A true master of the cinematic fable, Guillermo Del Toro’s career bloomed with Cronos in 1993 – a supernatural tale with a biting subtext on South America’s relationship with the United States, before he delved into the Spanish Civil War in The Devil’s Backbone (2001). Two years after subverting the superhero genre in 2004 with Hellboy, he returned to Francoist Spain to create Pan’s Labyrinth. It was this 2007 Academy Award winner which has since been regarded his masterpiece, and was presumed to never be bested by the Mexican auteur. Or so we thought.
It is Cold War United States. Elisa (Sally Hawkins), a mute cleaner employed at a Baltimore military research facility, lives contently yet quietly in a flat above a cinema. Her neighbour is a struggling artist who is a closeted homosexual and her only other friend is Zelda (Octavia Spencer) – her vivacious African-American colleague whose entertaining rants fill the void left by Elisa’s aural impediment. One day, whilst scrubbing the floors of a laboratory, the two women stumble across a mysterious, humanoid amphibian, held by the government for scientific purposes. Elisa rapidly develops a bond with the creature through sign language, but the malign intentions of Michael Shannon’s Colonel Strickland spell peril for the creature and the love blossoming between the pair. Aided by her neighbour and Zelda, Elisa hatches a plan to rescue the creature.
Upon first glance, it might seem like a Spielberg-esque action picture, but this could not be further from the truth. As are all of Del Toro’s greatest works, his latest project is a tale in which romance is the driving force, and it is its partnerships with horror and the fantastical which gives the director’s films such fervour and ingenuity. The first encounter between Elisa and the creature echoes that between Ofelia and ‘El Fauno’ in Pan’s Labyrinth; both moments of fear but also beauty and awe (interestingly it is Doug Jones who plays both creatures, as well as Hellboy’s Abe Sapien – a character with an eerily striking resemblance to Jones’ latest amphibian).
The way which Del Toro transforms something so monstrous into a source of such endearment and tranquillity is astounding, but in The Shape of Water he builds on this, throwing romance into the mix. In live action it is infinitely difficult to attach love to an inhuman creation such as this amphibious creature – a problem 2017’s Beauty and the Beast faced – yet Del Toro pulls it off sublimely. Eyebrows may be raised at the idea of a woman and a scaly ‘fish-man’ being romantically involved, but not once did I find myself questioning the ethics of the relationship. Everything about the scenes which the two characters share is just mesmerising and Del Toro, just as he has done in previous works, somehow makes the unbelievable and preposterous completely plausible.

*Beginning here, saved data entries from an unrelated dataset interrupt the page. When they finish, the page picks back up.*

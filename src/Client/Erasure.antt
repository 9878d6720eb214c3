-- ===== src/Client/Erasure.antt =====
-- src/client/cluster_client.cpp: `inc_wait` and `erase_op` keep the counts, and what has waited goes on
-- waiting or is continued.
use vitastor.Base.{
  ℕ, zero, suc, ◌+◌, ◌≡◌, refl, sym, ap, ◌∙◌, inl, inr, Bool, true, false, not, ◌&&◌, List, [], ◌∷◌,
  ◌++◌, Option, some, ◌==◌, ◌!=◌, length, if◌then◌else◌, arith, Bool-cases,
}
use vitastor.Client.{
  ClientOp, down, is_tracked, is_write, osd_op_sync, waits_for, count_waits, is_affected, inc_one,
  inc_rest, inc_wait, erase_op,
}
use vitastor.Client.Counts.{
  IsCounted, weight, DiffersBy, DiffersBy-cons, count_waits-record, waits_for_other,
  is_affected-waits_for, waits_for_untracked, waiting, occurrences, occurrences-append, IsStarted,
}

-- The queue after a step, with the operations to continue.
abbrev pub Outcome : Type 0
Outcome = List ClientOp × List ClientOp

-- The step leaves as many operations, counted, and each that has waited waits or is continued.
abbrev pub IsKept : Bool → List ClientOp → List ClientOp → Outcome → Type 0
IsKept wb before next r =
    IsCounted wb before r.0
    × (length r.0 ≡ length next)
    × ((x : ℕ) → waiting x next ≡ occurrences x r.1 + waiting x r.0)

-- The step runs without a failed assertion and keeps the counts.
abbrev pub Keeps : Bool → List ClientOp → List ClientOp → Option Outcome → Type 0
Keeps wb before next o = (r : Outcome) × (o ≡ some r) × IsKept wb before next r

-- The operation to continue, if it has waited and waits no more.
abbrev pub freed : Bool → ClientOp → List ClientOp
freed waited op = if waited && op.prev_wait == 0 then op ∷ [] else []

-- One operation behind the one that leaves.
inc_one-down :
    (wb : Bool) (op next : ClientOp) (k : ℕ)
    → is_affected wb op.opcode op.flags next ≡ waits_for wb next op
    → next.prev_wait ≡ weight (waits_for wb next op) + k
    → (inc_one wb op.opcode op.flags down next
        ≡ some (
          record next { prev_wait = k },
          freed (waits_for wb next op) (record next { prev_wait = k }),
        ))
unfolding inc_one
inc_one-down wb op next k same n = elim (Bool-cases (waits_for wb next op)) [
  | inl y ↦ let e : next.prev_wait ≡ suc k = ground (arith, n, y) in ground (arith, same, y, e)
  | inr f ↦ let e : next.prev_wait ≡ k = ground (arith, n, f) in ground (arith, same, f, e)
]

waiting-freed :
    (x : ℕ) (op : ClientOp) (waited : Bool) (k : ℕ)
    → op.prev_wait ≡ weight waited + k
    → (if op.name == x && op.prev_wait != 0 then 1 else 0)
      ≡ occurrences x (freed waited (record op { prev_wait = k }))
        + (if op.name == x && k != 0 then 1 else 0)
unfolding occurrences
waiting-freed x op true k e = ground (arith, e)
waiting-freed x op false k e = ground (arith, e)

-- The loop, when an operation leaves.
inc_rest-down :
    (wb : Bool) (op : ClientOp) (more less : List ClientOp) (next : List ClientOp)
    → DiffersBy wb op more less
    → ((x : ClientOp) → is_affected wb op.opcode op.flags x ≡ waits_for wb x op)
    → IsCounted wb more next
    → Keeps wb less next (inc_rest wb op.opcode op.flags down next)
unfolding inc_rest waiting occurrences
inc_rest-down wb op more less [] d same v = (([], []), refl, (tt, refl, λ x. refl))
inc_rest-down wb op more less (n ∷ next) d same (count, regular, behind) =
    let k : ℕ = count_waits wb n less in
    let now : ClientOp = record n { prev_wait = k } in
    let before = count ∙ d n in
    let (r, run, (counted, size, kept)) =
      inc_rest-down wb op (n ∷ more) (now ∷ less) next
        (DiffersBy-cons wb op n n.prev_wait k more less d) same behind in
    (
      (now ∷ r.0, freed (waits_for wb n op) now ++ r.1),
      rw (inc_one-down wb op n k (same n) before, run) refl,
      (
        (sym (count_waits-record wb n k less), regular, counted),
        ap suc size,
        λ x. omega (
          arith,
          kept x,
          waiting-freed x n (waits_for wb n op) k before,
          occurrences-append x (freed (waits_for wb n op) now) r.1,
        ),
      ),
    )

-- Operations that do not wait for the one that leaves stay as they are.
stays :
    (wb : Bool) (op : ClientOp) (more less : List ClientOp) (next : List ClientOp)
    → DiffersBy wb op more less
    → ((x : ClientOp) → waits_for wb x op ≡ false)
    → IsCounted wb more next
    → Keeps wb less next (some (next, []))
unfolding waiting occurrences
stays wb op more less next d none_waits v =
    ((next, []), refl, (counts more less next d v, refl, λ x. omega arith))
  where
    counts :
        (more less : List ClientOp) (next : List ClientOp)
        → DiffersBy wb op more less
        → IsCounted wb more next
        → IsCounted wb less next
    counts more less [] d v = tt
    counts more less (n ∷ next) d (count, regular, behind) = (
      count ∙ ground (arith, d n, none_waits n),
      regular,
      counts (n ∷ more) (n ∷ less) next (DiffersBy-cons wb op n n.prev_wait n.prev_wait more less d)
          behind,
    )

-- `inc_wait`, when an operation leaves.
inc_wait-down :
    (wb : Bool) (op : ClientOp) (more less : List ClientOp) (next : List ClientOp)
    → DiffersBy wb op more less
    → IsCounted wb more next
    → Keeps wb less next (inc_wait wb op.opcode op.flags down next)
unfolding inc_wait
inc_wait-down wb op more less next d v =
    elim (Bool-cases (not (is_write op.opcode) && op.opcode != osd_op_sync)) [
      | inl y ↦ rw y (stays wb op more less next d (λ x. waits_for_other wb x op y) v)
      | inr n ↦ rw n (inc_rest-down wb op more less next d (λ x. is_affected-waits_for wb x op n) v)
    ]

-- The queue without one started operation: it is counted, and what has waited in it waits or is
-- continued.
abbrev pub IsErased : Bool → List ClientOp → List ClientOp → Outcome → Type 0
IsErased wb before queue r =
    IsCounted wb before r.0
    × (length queue ≡ suc (length r.0))
    × ((x : ℕ) → waiting x queue ≡ occurrences x r.1 + waiting x r.0)

erase_here :
    (wb : Bool) (before : List ClientOp) (op : ClientOp) (next : List ClientOp)
    → IsCounted wb before (op ∷ next)
    → Keeps wb before next (erase_op wb 0 (op ∷ next))
unfolding erase_op count_waits
erase_here wb before op next (count, regular, v) = elim (Bool-cases (is_tracked wb op.flags)) [
  | inl y ↦ rw y (inc_wait-down wb op (op ∷ before) before next (λ x. refl) v)
  | inr n ↦ rw n (
      stays wb op (op ∷ before) before next (λ x. refl) (λ x. waits_for_untracked wb x op n regular)
        v)
]

pub erase_op-IsErased :
    (wb : Bool) (before : List ClientOp) (n : ℕ) (queue : List ClientOp)
    → IsCounted wb before queue
    → IsStarted n queue
    → (r : Outcome) × (erase_op wb n queue ≡ some r) × IsErased wb before queue r
unfolding erase_op waiting
erase_op-IsErased wb before n [] v s = absurd s
erase_op-IsErased wb before zero (op ∷ next) v s =
    let (r, run, (counted, size, kept)) = erase_here wb before op next v in
    (r, run, (counted, ap suc (sym size), λ x. ground (arith, kept x, s)))
erase_op-IsErased wb before (suc n) (op ∷ next) (count, regular, v) s =
    let (r, run, (counted, size, kept)) = erase_op-IsErased wb (op ∷ before) n next v s in
    (
      (op ∷ r.0, r.1),
      rw run refl,
      ((count, regular, counted), ap suc size, λ x. omega (arith, kept x)),
    )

It is easy to draw parallelisms between The Shape of Water and Beauty and the Beast – but there are arguably equal similarities with James Whale’s Frankenstein (1931) and even Alex Garland’s Ex Machina (2015). The appearance and tone of the film is littered with nods and homages to cinema – the creaky, claustrophobic flats which Elisa lives in almost resembles the apartment building from Delicatessen (1991) and there are constant references to old Hollywood musicals such as Royal Wedding (1951). However, despite all the allusion and pastiche, this gem from Del Toro undoubtedly stands on its own two feet.
Michael Shannon is chillingly brooding as always, offering the narrative its oppressive, cold-hearted antagonist. Just like in all good fairy tales, there has to be a villain, and Shannon fills these boots effortlessly. His cruel desire to destroy something so beautiful in the creature and its relationship with Elisa harks back to the fascist Capitan Vidal in Pan’s Labyrinth, both characters embodying evil and greed.

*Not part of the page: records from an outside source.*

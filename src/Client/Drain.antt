-- ===== src/Client/Drain.antt =====
-- src/client/cluster_client.cpp: every operation of the queue is continued, in whatever order the
-- started ones end; and `erase_op` fails where operations with immediate commits are among others.
use vitastor.Base.{
  ℕ, zero, suc, ◌≡◌, refl, ◌∙◌, Bool, true, false, List, [], ◌∷◌, ◌++◌, Option, none, some, length,
  ◌>>=◌, arith,
}
use vitastor.Client.{
  ClientOp, is_tracked, osd_op_sync, osd_op_write, count_waits, is_affected, inc_one, inc_rest,
  inc_wait, erase_op, enqueue,
}
use vitastor.Client.Counts.{IsCounted, waiting, occurrences, occurrences-append, IsStarted}
use vitastor.Client.Erasure.{erase_op-IsErased}

-- The operations end one after another, at the places that `pick` names; the result is what has been
-- continued. `none` is a failed assertion, a place without an operation, or a queue that is left over.
unfoldable pub drain : Bool → (List ClientOp → ℕ) → ℕ → List ClientOp → Option (List ClientOp)
drain wb pick n [] = some []
drain wb pick zero (op ∷ next) = none
drain wb pick (suc n) (op ∷ next) = erase_op wb (pick (op ∷ next)) (op ∷ next) >>= λ r.
    drain wb pick n r.0 >>= λ later. some (r.1 ++ later)

-- The operations end in an order in which each has been started.
abbrev pub PicksStarted : Bool → (List ClientOp → ℕ) → Type 0
PicksStarted wb pick =
    (op : ClientOp) (next : List ClientOp)
    → IsCounted wb [] (op ∷ next)
    → IsStarted (pick (op ∷ next)) (op ∷ next)

abbrev pub Drained : List ClientOp → Option (List ClientOp) → Type 0
Drained queue o =
    (started : List ClientOp) × (o ≡ some started)
    × ((x : ℕ) → occurrences x started ≡ waiting x queue)

-- In a counted queue, started operations can end in any order until the queue is empty: no assertion
-- fails, and each operation that has waited is continued exactly once on the way.
pub drain-Drained :
    (wb : Bool) (pick : List ClientOp → ℕ) (n : ℕ) (queue : List ClientOp)
    → PicksStarted wb pick
    → IsCounted wb [] queue
    → length queue ≡ n
    → Drained queue (drain wb pick n queue)
unfolding drain waiting occurrences
drain-Drained wb pick n [] p v size = ([], refl, λ x. refl)
drain-Drained wb pick zero (op ∷ next) p v size = absurd (omega arith)
drain-Drained wb pick (suc n) (op ∷ next) p v size =
    let (r, run, (counted, shorter, kept)) =
      erase_op-IsErased wb [] (pick (op ∷ next)) (op ∷ next) v (p op next v) in
    let (later, rest, all) = drain-Drained wb pick n r.0 p counted (omega (arith, shorter)) in
    (
      r.1 ++ later,
      rw (run, rest) refl,
      λ x. occurrences-append x r.1 later ∙ omega (arith, kept x, all x),
    )

-- The first operation waits for nothing.
pub first_PicksStarted : (wb : Bool) → PicksStarted wb (λ queue. 0)
unfolding count_waits
first_PicksStarted wb op next (count, regular, v) = count

-- Without write-back, a write with immediate commits that execute_internal appends right behind a SYNC
-- which is still in the queue, as it may be for the writes of a pool without immediate commits, does not
-- wait for it: when the SYNC leaves, the assertion of inc_wait fails.
pub erase_op-enqueue-fails :
    (before next : List ClientOp) (sync op : ClientOp)
    → sync.opcode ≡ osd_op_sync
    → is_tracked false sync.flags ≡ true
    → op.opcode ≡ osd_op_write
    → op.prev_wait ≡ 0
    → is_tracked false op.flags ≡ false
    → erase_op false 0 (sync ∷ (enqueue false (sync ∷ before) op).0 ∷ next) ≡ none
unfolding erase_op inc_wait inc_rest inc_one is_affected enqueue
erase_op-enqueue-fails before next sync op s t w z u = rw u (ground (arith, s, t, w, z))
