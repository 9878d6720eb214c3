-- ===== src/Journal.antt =====
-- src/blockstore/blockstore_journal.h: the state of the journal, a ring of blocks behind a first
-- block that is not a part of it, with buffers for the sectors that are being filled. An array is a
-- function of the index. Positions do not wrap at 64 bits.
pub mod Space
pub mod Entries
pub mod Writes
pub mod SmallWrite
pub mod Trim
pub mod Ring
pub mod Rounds
pub mod Fill
use vitastor.Base.{
  ℕ, ◌+◌, ◌-◌, Bool, true, false, not, ◌&&◌, ◌||◌, List, [], ◌∷◌, Option, none, some, ltb, leb,
  ◌==◌, if◌then◌else◌,
}

-- `journal_sector_info_t`
pub record SectorInfo : Type 0 where
  pub offset : ℕ
  pub flush_count : ℕ
  pub written : Bool
  pub dirty : Bool
  pub submit_id : ℕ

-- `pending_journaling_t`. The sector of a data write is none. An operation is known by a number.
pub record Pending : Type 0 where
  pub flush_id : ℕ
  pub pending : Bool
  pub sector : Option ℕ
  pub op : ℕ

-- `journal_t`. `flushing_ops` is in order of the flush id, and `used_sectors`, a list of positions
-- with their counts, in order of the position.
pub record Journal : Type 0 where
  pub inmemory : Bool
  pub buffer : ℕ
  pub block_size : ℕ
  pub offset : ℕ
  pub len : ℕ
  pub next_free : ℕ
  pub used_start : ℕ
  pub dirty_start : ℕ
  pub crc32_last : ℕ
  pub sector_buf : ℕ
  pub sector_info : ℕ → SectorInfo
  pub sector_count : ℕ
  pub no_same_sector_overwrites : Bool
  pub cur_sector : ℕ
  pub in_sector_pos : ℕ
  pub submitting_sectors : List ℕ
  pub flushing_ops : List Pending
  pub submit_id : ℕ
  pub used_sectors : List (ℕ × ℕ)

abbrev pub current : Journal → SectorInfo
current j = j.sector_info j.cur_sector

-- `entry_fits`
unfoldable pub entry_fits : Journal → ℕ → Bool
entry_fits j size = not (
    ltb (j.block_size - j.in_sector_pos) size || j.no_same_sector_overwrites && (current j).written)

abbrev pub set_sector : Journal → ℕ → SectorInfo → Journal
set_sector j i s = record j { sector_info = λ k. if k == i then s else j.sector_info k }

-- The block behind a block, in the ring.
abbrev pub block_after : Journal → ℕ → ℕ
block_after j pos = if ltb (pos + j.block_size) j.len then pos + j.block_size else j.block_size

At the heart of the film’s brilliance however, is Hawkins’ performance. It was a stroke of genius by Del Toro to cast the English actress as the lead – a decision which Hawkins has said she struggled to believe even during production. Despite receiving Best Supporting Actress nominations for her role in Woody Allen’s Blue Jasmine (2013), she is by no means an A-list star, and had one been cast as Elisa, The Shape of Water would have been an entirely different film, robbing the character of its sympathetic and understated charm.
After Three Billboards Outside Ebbing, Missouri, it appeared the Best Film Oscar would be a shoo-in for Martin McDonagh’s critically acclaimed drama. However, Guilermo Del Toro appears to have given the Academy real headache with this magical fairy tale which could very well blow its opposition out of the water.